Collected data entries
------------------------------------------------
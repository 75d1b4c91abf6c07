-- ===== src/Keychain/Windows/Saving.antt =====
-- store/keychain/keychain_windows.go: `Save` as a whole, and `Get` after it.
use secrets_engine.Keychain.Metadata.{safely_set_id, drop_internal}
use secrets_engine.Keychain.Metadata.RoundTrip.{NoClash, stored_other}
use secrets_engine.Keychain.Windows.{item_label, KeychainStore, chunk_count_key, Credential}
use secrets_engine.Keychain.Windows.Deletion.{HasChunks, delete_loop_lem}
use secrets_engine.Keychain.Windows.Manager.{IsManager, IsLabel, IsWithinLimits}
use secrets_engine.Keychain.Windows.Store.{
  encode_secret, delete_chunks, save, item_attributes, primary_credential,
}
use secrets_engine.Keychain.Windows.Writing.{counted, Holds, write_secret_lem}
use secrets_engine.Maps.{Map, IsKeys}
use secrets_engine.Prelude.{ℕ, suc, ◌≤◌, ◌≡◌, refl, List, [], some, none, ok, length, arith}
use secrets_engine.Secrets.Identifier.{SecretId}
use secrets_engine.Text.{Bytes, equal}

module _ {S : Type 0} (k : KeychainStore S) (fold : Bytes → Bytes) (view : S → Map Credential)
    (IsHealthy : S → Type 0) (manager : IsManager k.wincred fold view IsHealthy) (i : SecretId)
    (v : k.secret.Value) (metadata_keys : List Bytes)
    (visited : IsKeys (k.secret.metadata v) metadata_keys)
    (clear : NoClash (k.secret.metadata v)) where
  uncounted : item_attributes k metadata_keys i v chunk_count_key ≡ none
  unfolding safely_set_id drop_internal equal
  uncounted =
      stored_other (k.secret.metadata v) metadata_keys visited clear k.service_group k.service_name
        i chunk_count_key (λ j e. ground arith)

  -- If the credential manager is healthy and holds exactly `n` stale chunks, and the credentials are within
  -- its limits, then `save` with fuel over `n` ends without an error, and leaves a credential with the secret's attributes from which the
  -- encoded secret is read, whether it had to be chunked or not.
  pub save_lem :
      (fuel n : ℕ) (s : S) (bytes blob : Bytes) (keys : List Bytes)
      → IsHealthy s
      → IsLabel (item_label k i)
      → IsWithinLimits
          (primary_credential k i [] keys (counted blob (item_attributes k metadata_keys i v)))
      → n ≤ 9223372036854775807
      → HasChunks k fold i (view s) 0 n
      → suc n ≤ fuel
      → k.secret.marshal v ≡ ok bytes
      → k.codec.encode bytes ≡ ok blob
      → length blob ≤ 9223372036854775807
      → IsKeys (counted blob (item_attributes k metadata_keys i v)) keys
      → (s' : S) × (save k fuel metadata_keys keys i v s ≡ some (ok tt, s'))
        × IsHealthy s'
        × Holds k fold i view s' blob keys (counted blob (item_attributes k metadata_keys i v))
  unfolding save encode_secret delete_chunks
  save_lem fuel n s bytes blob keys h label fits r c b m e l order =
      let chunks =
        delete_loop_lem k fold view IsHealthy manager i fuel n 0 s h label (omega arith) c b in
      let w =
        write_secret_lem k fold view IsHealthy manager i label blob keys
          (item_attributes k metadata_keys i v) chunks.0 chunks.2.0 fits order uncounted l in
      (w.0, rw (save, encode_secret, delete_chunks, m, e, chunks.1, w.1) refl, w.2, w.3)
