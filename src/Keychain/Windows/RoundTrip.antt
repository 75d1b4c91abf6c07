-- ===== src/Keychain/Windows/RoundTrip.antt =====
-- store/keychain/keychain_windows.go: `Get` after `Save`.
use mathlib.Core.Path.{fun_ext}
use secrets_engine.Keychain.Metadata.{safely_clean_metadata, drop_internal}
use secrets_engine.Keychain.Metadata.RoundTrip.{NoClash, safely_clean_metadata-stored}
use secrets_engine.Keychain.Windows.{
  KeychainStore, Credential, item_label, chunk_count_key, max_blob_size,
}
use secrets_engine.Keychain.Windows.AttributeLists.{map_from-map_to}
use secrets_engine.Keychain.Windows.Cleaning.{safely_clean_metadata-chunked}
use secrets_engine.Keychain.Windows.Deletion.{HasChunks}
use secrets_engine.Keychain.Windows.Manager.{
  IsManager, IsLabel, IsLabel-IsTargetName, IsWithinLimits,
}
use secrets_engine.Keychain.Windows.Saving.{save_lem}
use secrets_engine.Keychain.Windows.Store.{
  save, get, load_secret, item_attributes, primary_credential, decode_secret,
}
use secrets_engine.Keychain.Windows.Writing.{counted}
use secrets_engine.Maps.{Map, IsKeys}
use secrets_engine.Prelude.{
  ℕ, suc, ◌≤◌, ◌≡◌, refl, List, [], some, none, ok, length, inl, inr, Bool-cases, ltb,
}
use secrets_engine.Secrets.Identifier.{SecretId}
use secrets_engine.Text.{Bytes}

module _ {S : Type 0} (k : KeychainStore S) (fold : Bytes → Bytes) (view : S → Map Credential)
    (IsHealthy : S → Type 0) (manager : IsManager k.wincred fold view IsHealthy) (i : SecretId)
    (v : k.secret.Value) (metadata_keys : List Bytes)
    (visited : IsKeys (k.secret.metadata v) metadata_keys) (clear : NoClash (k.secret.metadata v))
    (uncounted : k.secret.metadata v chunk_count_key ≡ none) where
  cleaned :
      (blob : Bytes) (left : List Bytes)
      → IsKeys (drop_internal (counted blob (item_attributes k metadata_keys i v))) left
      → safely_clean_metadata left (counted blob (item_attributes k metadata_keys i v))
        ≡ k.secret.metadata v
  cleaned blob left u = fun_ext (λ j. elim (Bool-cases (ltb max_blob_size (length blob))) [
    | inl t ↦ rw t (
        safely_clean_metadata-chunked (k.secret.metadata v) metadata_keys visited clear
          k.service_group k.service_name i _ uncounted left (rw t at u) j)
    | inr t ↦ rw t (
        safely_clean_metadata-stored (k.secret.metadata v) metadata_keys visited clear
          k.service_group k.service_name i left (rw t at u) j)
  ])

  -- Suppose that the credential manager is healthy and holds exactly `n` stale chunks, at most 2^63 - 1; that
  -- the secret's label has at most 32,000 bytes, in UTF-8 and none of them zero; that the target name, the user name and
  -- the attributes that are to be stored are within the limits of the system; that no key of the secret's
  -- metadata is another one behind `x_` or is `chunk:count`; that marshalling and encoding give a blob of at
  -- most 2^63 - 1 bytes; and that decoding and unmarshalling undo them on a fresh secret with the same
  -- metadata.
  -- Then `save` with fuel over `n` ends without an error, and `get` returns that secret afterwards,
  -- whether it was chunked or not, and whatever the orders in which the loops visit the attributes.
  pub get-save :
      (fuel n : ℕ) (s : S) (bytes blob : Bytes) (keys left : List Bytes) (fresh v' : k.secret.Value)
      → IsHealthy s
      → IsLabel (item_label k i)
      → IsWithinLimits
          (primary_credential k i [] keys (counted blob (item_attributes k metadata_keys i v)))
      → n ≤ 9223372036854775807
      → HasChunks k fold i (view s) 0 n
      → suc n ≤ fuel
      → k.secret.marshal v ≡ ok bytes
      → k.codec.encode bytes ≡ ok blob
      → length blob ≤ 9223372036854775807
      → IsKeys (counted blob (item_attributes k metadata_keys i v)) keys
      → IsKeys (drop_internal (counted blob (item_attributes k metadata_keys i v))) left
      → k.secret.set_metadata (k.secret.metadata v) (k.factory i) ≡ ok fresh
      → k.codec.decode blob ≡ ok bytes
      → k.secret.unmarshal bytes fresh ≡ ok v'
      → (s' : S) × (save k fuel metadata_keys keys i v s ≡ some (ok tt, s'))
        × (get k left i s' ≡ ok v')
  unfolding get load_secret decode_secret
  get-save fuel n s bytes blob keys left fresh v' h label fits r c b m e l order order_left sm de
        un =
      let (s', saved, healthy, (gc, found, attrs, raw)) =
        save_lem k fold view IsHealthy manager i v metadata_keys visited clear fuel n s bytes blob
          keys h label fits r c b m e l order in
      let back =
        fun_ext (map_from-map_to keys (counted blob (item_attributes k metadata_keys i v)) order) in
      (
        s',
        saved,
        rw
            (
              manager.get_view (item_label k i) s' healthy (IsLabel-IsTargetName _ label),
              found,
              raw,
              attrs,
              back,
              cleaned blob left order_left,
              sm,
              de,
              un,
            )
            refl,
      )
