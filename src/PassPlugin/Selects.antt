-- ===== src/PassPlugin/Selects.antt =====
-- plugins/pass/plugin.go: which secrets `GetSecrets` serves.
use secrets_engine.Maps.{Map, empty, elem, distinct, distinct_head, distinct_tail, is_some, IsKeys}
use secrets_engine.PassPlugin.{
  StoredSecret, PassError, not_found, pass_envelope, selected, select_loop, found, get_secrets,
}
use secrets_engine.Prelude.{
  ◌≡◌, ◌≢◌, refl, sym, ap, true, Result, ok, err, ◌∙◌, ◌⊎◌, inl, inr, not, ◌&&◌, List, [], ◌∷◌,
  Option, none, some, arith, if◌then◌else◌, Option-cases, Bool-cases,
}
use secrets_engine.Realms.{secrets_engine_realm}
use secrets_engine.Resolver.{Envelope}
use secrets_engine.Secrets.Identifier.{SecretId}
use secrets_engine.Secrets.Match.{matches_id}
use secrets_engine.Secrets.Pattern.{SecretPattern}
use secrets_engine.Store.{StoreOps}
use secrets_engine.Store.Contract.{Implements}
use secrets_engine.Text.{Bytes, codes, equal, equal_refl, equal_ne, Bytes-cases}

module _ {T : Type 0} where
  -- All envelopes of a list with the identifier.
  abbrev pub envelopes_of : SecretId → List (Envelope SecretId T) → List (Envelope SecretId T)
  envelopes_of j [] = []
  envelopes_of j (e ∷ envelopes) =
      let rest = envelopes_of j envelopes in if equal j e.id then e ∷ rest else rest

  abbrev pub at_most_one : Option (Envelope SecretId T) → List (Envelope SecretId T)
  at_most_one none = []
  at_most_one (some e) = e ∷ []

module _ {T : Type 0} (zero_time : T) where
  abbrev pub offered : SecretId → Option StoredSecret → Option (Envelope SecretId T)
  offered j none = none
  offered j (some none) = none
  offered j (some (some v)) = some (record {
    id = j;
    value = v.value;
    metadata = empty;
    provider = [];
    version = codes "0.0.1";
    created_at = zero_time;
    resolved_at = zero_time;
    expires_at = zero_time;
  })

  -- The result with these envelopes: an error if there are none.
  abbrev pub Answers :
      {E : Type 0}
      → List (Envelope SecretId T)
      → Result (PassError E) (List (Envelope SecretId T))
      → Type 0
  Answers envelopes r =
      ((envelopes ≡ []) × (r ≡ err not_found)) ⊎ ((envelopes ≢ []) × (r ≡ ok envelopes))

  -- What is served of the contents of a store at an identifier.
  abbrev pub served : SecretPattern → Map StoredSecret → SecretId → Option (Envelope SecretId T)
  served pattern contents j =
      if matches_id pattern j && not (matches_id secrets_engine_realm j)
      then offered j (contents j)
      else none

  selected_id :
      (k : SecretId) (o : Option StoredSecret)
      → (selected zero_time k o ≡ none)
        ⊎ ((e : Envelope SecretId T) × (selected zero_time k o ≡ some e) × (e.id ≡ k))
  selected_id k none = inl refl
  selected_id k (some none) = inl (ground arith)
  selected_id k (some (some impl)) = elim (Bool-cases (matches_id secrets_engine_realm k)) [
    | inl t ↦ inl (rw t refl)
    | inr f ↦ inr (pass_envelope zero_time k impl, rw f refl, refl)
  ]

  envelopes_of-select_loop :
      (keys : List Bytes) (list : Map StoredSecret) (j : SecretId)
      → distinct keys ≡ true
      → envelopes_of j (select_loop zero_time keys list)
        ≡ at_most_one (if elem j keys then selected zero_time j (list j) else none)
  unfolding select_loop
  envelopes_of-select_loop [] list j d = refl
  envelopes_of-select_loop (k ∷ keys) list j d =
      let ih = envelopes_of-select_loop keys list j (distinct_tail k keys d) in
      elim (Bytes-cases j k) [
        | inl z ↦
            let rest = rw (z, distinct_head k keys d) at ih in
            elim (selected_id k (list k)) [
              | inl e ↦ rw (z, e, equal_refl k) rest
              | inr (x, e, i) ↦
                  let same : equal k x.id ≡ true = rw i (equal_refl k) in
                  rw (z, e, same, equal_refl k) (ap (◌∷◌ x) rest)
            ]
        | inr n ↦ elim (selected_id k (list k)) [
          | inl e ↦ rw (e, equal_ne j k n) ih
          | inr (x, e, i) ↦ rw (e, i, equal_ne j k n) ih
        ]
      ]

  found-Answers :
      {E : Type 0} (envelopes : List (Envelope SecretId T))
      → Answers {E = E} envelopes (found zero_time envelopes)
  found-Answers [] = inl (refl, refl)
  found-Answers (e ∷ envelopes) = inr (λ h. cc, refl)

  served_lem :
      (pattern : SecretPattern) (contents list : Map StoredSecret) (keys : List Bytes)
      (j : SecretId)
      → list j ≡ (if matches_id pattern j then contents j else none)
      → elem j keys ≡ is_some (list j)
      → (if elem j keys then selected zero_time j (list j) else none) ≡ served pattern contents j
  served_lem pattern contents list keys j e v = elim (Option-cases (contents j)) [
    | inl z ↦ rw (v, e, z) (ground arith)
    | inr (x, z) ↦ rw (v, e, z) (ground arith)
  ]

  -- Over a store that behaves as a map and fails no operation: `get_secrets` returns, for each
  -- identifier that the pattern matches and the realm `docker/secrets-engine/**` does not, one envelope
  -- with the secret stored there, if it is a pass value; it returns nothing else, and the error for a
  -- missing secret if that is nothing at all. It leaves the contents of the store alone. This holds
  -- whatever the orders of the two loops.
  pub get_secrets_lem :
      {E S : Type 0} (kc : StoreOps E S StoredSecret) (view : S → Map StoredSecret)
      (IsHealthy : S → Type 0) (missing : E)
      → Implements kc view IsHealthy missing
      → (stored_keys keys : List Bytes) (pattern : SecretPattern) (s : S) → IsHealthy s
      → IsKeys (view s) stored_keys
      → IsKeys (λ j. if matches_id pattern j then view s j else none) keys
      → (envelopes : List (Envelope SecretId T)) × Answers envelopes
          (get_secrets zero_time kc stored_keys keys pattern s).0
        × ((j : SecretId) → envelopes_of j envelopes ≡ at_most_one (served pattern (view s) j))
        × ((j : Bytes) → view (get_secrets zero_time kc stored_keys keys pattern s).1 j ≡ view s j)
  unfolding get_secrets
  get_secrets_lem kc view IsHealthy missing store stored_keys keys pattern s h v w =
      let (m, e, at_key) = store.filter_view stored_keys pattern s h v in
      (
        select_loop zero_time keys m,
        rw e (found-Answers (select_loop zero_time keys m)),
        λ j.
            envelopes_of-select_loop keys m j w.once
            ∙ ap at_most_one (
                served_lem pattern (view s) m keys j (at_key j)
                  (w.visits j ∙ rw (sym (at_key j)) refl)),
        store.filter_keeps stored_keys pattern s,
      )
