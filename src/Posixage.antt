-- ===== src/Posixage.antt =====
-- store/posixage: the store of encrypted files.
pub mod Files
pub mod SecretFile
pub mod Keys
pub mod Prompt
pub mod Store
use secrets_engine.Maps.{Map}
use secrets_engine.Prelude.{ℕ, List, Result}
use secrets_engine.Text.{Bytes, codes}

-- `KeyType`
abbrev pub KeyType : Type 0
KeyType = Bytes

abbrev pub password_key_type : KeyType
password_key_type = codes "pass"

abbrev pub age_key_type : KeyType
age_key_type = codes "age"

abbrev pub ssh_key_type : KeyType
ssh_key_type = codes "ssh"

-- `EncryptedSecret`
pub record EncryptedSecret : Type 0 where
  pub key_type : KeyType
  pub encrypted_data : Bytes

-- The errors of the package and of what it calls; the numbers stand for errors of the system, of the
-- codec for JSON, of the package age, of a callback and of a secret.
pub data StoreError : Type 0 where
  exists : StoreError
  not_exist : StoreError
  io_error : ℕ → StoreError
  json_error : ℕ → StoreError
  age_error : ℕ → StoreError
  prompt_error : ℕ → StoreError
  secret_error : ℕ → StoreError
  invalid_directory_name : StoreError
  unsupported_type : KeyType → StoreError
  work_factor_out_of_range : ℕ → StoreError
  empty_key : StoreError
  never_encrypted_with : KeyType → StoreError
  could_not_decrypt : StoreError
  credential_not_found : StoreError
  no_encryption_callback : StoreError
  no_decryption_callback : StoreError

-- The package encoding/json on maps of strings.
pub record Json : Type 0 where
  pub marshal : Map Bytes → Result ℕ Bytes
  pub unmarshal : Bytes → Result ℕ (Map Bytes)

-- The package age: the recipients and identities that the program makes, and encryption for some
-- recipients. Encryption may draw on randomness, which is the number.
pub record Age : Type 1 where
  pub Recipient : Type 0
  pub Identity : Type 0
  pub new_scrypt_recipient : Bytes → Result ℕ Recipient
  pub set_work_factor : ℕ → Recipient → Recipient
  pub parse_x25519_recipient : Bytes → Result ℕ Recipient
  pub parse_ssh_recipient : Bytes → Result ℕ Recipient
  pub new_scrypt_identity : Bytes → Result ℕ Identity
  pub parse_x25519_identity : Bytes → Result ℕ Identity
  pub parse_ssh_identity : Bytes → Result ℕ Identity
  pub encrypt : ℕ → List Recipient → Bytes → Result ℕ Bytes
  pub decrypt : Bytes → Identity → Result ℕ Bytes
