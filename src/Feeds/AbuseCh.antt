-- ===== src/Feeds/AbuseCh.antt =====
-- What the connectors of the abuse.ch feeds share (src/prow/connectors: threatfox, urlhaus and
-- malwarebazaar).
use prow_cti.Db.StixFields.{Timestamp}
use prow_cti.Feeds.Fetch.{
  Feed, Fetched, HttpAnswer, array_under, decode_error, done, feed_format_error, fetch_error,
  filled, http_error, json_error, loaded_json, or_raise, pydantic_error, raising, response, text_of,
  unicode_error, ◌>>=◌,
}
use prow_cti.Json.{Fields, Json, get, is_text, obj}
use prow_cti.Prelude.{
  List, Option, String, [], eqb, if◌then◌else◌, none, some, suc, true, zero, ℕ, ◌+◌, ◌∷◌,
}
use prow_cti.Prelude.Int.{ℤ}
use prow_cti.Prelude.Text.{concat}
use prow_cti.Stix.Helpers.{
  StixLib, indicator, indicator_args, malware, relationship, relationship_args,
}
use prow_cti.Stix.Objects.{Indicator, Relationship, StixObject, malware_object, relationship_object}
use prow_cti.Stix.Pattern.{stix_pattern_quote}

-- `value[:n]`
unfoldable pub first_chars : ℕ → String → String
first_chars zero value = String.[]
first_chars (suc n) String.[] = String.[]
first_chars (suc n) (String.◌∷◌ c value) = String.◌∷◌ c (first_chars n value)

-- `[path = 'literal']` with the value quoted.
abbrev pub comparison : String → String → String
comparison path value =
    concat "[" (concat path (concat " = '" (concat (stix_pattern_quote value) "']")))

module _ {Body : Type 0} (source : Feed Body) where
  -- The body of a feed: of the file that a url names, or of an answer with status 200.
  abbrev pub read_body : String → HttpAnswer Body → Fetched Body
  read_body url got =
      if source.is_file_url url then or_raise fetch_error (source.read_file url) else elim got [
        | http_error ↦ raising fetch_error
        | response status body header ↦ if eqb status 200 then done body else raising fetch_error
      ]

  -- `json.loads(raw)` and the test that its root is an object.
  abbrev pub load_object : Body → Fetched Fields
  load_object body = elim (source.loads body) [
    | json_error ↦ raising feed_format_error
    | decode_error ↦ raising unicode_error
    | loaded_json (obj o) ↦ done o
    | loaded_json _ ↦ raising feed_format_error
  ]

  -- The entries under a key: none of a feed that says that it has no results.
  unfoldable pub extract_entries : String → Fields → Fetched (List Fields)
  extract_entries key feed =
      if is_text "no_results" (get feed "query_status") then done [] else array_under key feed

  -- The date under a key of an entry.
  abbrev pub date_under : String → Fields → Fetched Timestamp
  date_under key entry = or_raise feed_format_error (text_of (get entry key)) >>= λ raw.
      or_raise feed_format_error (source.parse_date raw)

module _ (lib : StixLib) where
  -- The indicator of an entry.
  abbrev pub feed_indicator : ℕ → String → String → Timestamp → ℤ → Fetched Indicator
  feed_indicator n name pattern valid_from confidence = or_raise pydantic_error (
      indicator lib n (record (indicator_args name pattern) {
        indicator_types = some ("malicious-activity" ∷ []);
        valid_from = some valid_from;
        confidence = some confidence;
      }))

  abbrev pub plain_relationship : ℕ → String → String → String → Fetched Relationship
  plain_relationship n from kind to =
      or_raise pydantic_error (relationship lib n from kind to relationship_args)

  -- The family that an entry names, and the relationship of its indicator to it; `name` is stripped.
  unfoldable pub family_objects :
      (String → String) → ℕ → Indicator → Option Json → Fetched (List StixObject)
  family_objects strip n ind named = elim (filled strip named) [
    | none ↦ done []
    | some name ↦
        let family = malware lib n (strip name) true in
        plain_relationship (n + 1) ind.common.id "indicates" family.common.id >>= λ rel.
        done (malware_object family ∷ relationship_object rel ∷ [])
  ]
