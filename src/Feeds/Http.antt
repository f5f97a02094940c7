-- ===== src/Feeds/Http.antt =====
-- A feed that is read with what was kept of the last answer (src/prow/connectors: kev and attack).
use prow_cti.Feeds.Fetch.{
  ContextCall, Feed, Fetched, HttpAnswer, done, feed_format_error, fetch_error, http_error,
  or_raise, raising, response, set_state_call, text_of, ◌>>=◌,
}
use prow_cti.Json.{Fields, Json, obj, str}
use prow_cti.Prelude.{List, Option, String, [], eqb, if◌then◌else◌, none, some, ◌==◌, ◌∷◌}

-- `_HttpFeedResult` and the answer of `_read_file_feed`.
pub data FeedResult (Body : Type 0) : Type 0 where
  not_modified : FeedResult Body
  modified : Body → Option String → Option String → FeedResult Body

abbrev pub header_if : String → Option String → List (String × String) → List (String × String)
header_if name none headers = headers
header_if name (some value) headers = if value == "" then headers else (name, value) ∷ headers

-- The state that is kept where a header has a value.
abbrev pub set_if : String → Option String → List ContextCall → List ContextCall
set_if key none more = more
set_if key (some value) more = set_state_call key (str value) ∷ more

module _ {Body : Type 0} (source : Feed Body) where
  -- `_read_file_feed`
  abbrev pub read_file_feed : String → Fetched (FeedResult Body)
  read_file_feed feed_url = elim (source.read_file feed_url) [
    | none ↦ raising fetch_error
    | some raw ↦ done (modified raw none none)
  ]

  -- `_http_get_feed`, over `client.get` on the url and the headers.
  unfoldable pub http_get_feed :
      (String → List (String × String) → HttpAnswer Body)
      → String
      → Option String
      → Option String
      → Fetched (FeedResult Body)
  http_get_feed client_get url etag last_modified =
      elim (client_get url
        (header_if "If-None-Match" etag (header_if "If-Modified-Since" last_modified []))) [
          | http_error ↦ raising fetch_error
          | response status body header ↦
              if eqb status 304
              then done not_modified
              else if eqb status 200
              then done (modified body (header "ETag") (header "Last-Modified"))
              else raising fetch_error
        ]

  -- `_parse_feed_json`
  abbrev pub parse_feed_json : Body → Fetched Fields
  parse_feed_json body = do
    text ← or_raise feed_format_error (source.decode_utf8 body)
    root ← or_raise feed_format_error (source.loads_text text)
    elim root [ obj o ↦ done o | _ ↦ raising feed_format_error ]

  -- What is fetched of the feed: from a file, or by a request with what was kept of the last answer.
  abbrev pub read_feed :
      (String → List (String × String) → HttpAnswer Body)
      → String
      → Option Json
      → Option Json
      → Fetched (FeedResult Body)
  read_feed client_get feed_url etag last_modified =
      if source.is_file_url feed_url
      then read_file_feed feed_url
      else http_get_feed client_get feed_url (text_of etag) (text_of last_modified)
------------------------------------------------
Exercise prompt — From the records above, print exactly the lines that run from the line with "-- The errors" to the line with "no_decryption_callback : StoreError", inclusive.

Completed task —
-- The errors of the package and of what it calls; the numbers stand for errors of the system, of the
-- codec for JSON, of the package age, of a callback and of a secret.
pub data StoreError : Type 0 where
  exists : StoreError
  not_exist : StoreError
  io_error : ℕ → StoreError
  json_error : ℕ → StoreError
  age_error : ℕ → StoreError
  prompt_error : ℕ → StoreError
  secret_error : ℕ → StoreError
  invalid_directory_name : StoreError
  unsupported_type : KeyType → StoreError
  work_factor_out_of_range : ℕ → StoreError
  empty_key : StoreError
  never_encrypted_with : KeyType → StoreError
  could_not_decrypt : StoreError
  credential_not_found : StoreError
  no_encryption_callback : StoreError
  no_decryption_callback : StoreError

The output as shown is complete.